I just wanna know why you people hate on uber so hard, yet take enough interest to Post here? I mean uber is going to get worse with time not better, constant zero skill absorption into the company yields resentment amongst veteran staff. 

I’ll be the first to say i get 4/10 vip users, and the first to say I’ve had 4 non 5 star reviews. 

I also stated in my statement it was about my first week. So any 1/52 time module should be are you reading still 470 for 350 miles do people from uber even read this? Who knows?

Not sure why you are calling me a liar, I’ve been posting my truths. Sorry i haven’t had time to retaliate against trolls calls me a liar. 

I’ve been... working. I mean if i was purposefully falsifying things ya call me out. Full disclosure when i factored those original numbers i did have 4x surge pay me a bunch but i figured that was normal. 

That’s why i titles the post as i did. 

I don’t understand people expecting uber to be a life changing job, as I’ve said, it’s capitalism. 

If you expect a miracle job, try gas station attendent. No car needed, solid hourly rate.

I only wanted to write a “no more ubereats post” with this time. But y’all are some hating mofos. It’s almost like, no one forced you to do this. Weird


----------



## Bubsie (Oct 19, 2017)

"Full disclosure when i factored those original numbers i did have 4x surge pay me a bunch but i figured that was normal."

Ok your initial number can make sense now.

However I wouldn't recommend extrapolating that out to 52 weeks. The ultimate aim of Uber is to get so many drivers out on the street that surge never happens. So basically do your financial forecast based on zero surge. Then when uber screws with the potential surge earnings you wont be caught off guard.


----------



## Davestave (Nov 12, 2017)

Maybe you suck at getting tips? Maybe i work a better part of town? 

Maybe your not from Dallas and your a troll. 

Oh man maybe i work for my work and you sit idle, 115 miles? In a day? I made 196 today. So your better Carnot possible stuff is out. I already deducted total value of my car. Don’t be mad. Let’s switch cars and I’ll make more than you everyday of the week, not just today and tomorrow

Won’t be caught off guard? Mystery area person? Mister know it all? 

Pray tell, give me the atrocious numbers Uber’s done for you and the numbers you would have gotten without uber?

Hey anon, uber didn’t ask me to write me back. I don’t represent uber. Just like you drove for 23 hours three years ago


----------



## Mars Troll Number 4 (Oct 30, 2015)

Davestave said:


> I just wanna know why you people hate on uber so hard, yet take enough interest to Post here?
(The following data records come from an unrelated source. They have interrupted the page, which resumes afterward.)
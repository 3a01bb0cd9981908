-- ===== src/Packet/Tests.antt =====
-- Runs of packages/core/src/core/packet.js, and the theorems at concrete packets.
use reticulum_js.Common.{
  ℕ, ◌<◌, ◌≡◌, ◌↔◌, refl, List, [], ◌∷◌, ◌++◌, replicate, length, get_or, ok, err,
}
use reticulum_js.Packet.{
  Packet, too_short, invalid_hop_count, pathfinder_m, serialize, deserialize, get_hashable_part,
}
use reticulum_js.Packet.Samples.{
  address, direct_packet, relayed_packet, direct-IsWellFormed, relayed-IsWellFormed,
}
use reticulum_js.Packet.RoundTrip.{deserialize-serialize}
use reticulum_js.Packet.Reject.{header_length, accepts_iff}
use reticulum_js.Packet.Hashable.{relay_keeps_hash}

abbrev direct_bytes : List ℕ
direct_bytes = 0x21 ∷ 3 ∷ (address ++ 0 ∷ 7 ∷ 8 ∷ [])

serialize_direct_run : serialize direct_packet ≡ ok direct_bytes
unfolding serialize
serialize_direct_run = refl

serialize_relayed_run :
    serialize relayed_packet ≡ ok (0x51 ∷ 4 ∷ (replicate 16 5 ++ address ++ 0 ∷ 7 ∷ 8 ∷ []))
unfolding serialize
serialize_relayed_run = refl

deserialize_run : deserialize direct_bytes ≡ ok (record direct_packet { raw = direct_bytes })
unfolding deserialize
deserialize_run = refl

deserialize_cut : deserialize (0x40 ∷ 3 ∷ (address ++ 0 ∷ 7 ∷ [])) ≡ err too_short
unfolding deserialize
deserialize_cut = refl

deserialize_looping : deserialize (0 ∷ 128 ∷ (address ++ 0 ∷ 7 ∷ [])) ≡ err (invalid_hop_count 128)
unfolding deserialize
deserialize_looping = refl

deserialize-serialize_example :
    (bytes : List ℕ) × (serialize relayed_packet ≡ ok bytes)
    × (deserialize bytes ≡ ok (record relayed_packet { raw = bytes }))
deserialize-serialize_example = deserialize-serialize relayed_packet relayed-IsWellFormed

accepts_iff_example : ((p : Packet) × (deserialize direct_bytes ≡ ok p)) ↔ (
    (header_length direct_bytes < length direct_bytes) × (get_or direct_bytes 1 0 < pathfinder_m))
accepts_iff_example = accepts_iff direct_bytes

abbrev looping : List ℕ
looping = 0 ∷ 128 ∷ (address ++ 0 ∷ 7 ∷ [])

relay_keeps_hash_example :
    (part : List ℕ) × (p' : Packet) × (q' : Packet) × (get_hashable_part direct_packet
      ≡ ok (p', part))
    × (get_hashable_part relayed_packet ≡ ok (q', part))
relay_keeps_hash_example =
    relay_keeps_hash direct_packet relayed_packet direct-IsWellFormed relayed-IsWellFormed refl refl
      refl refl refl refl refl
I mean uber is going to get worse with time not better, constant zero skill absorption into the company yields resentment amongst veteran staff.


Yes, uber is going to get worse,

The ONLY constant with uber is that things will get progressivly worse.
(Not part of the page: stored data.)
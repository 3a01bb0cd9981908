-- ===== src/Pkcs7.antt =====
-- packages/core/src/crypto/pkcs7.js: `pkcs7.pad` and `pkcs7.unpad`. The proofs are in Padding.
pub mod Padding
mod Tests
use native.Mathlib.Decide.{dec_lt}
use mathlib.Core.Path.{ap₂}
use mathlib.Core.Bool.{false≢true}
use reticulum_js.Common.{
  ℕ, zero, suc, ◌+◌, ◌-◌, ◌%◌, ◌≤◌, ◌<◌, ◌≡◌, ◌↔◌, ◌≢◌, refl, sym, ap, ◌∙◌, arith, Bool, true,
  false, ◌||◌, Option, none, some, List, [], ◌∷◌, ◌++◌, ltb, leb, ◌==◌, ==_iff, if◌then◌else◌,
  length, length-append, length-replicate, length-take, length-drop, get_elem?, take, drop,
  replicate, take-append, take-append-drop, Result, ok, err, Bool-cases, inl, inr,
}

pub data Pkcs7Error : Type 0 where
  empty_data : Pkcs7Error
  invalid_padding : Pkcs7Error

pub pad : List ℕ → List ℕ
pad bytes =
    let padding_length : ℕ = 16 - length bytes % 16 in
    bytes ++ replicate padding_length padding_length

-- `data[data.length - i]`, which is `undefined` before the start.
abbrev from_end : List ℕ → ℕ → Option ℕ
from_end bytes i = if leb i (length bytes) then get_elem? bytes (length bytes - i) else none

is_value : Option ℕ → ℕ → Bool
is_value none v = false
is_value (some b) v = b == v

-- The loop over `i`, with `rounds` left.
check : List ℕ → ℕ → ℕ → ℕ → Bool
check bytes v zero i = true
check bytes v (suc rounds) i =
    let rest = check bytes v rounds (suc i) in if is_value (from_end bytes i) v then rest else false

last : List ℕ → ℕ
last bytes = elim (from_end bytes 1) [ none ↦ 0 | some b ↦ b ]

pub unpad : List ℕ → Result Pkcs7Error (List ℕ)
unpad bytes =
    let padding_length : ℕ = last bytes in
    if length bytes == 0
    then err empty_data
    else if ltb padding_length 1 || ltb 16 padding_length
    then err invalid_padding
    else if check bytes padding_length padding_length 1
    then ok (take (length bytes - padding_length) bytes)
    else err invalid_padding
In Orlando, rates for X started at $1.65 a mile, or about 2/3 of taxi rates.

They have been slashed down to drivers getting 53c per mile (with an all time low of 48c per mile)

Rates have only been raised once, by 4 cents.

The airport used to be a good place for indepent black car operators to get a bulk of their business, through uberBlack. Rates where amazing... like over $2.40 a mile. (this is with a $50,000 car mind you)

Now those same cars are getting... $1.23 a mile (on select) (this is the same $50,000 car that used to get over $3.00 per mile) or 90c a mile doing XL

I post here because... well i'm the top recruiter for the cab company i work for, exclusively because I cornered the market on the uberpeople forums.

About half of the new driver sign ups we get at the cab company end up being... former rideshare drivers...

Driving uber is sooo terrible in Orlando that quitting, and driving a cab WILL STILL make you more money than driving uber. Even with the damage uber has caused to the taxi market here. (one cab company has already gone belly up)

I stick around because it suits my purposes... and i have fun trolling.

But maybe you guessed that about me already?


----------



## Mista T (Aug 16, 2017)

Must be nice to get those 4x surges.

I put in about 60 hrs per week. Weekdays are day shifts and weekends are 3pm-4am. Plenty of opportunities for surge.... but they don't exist here.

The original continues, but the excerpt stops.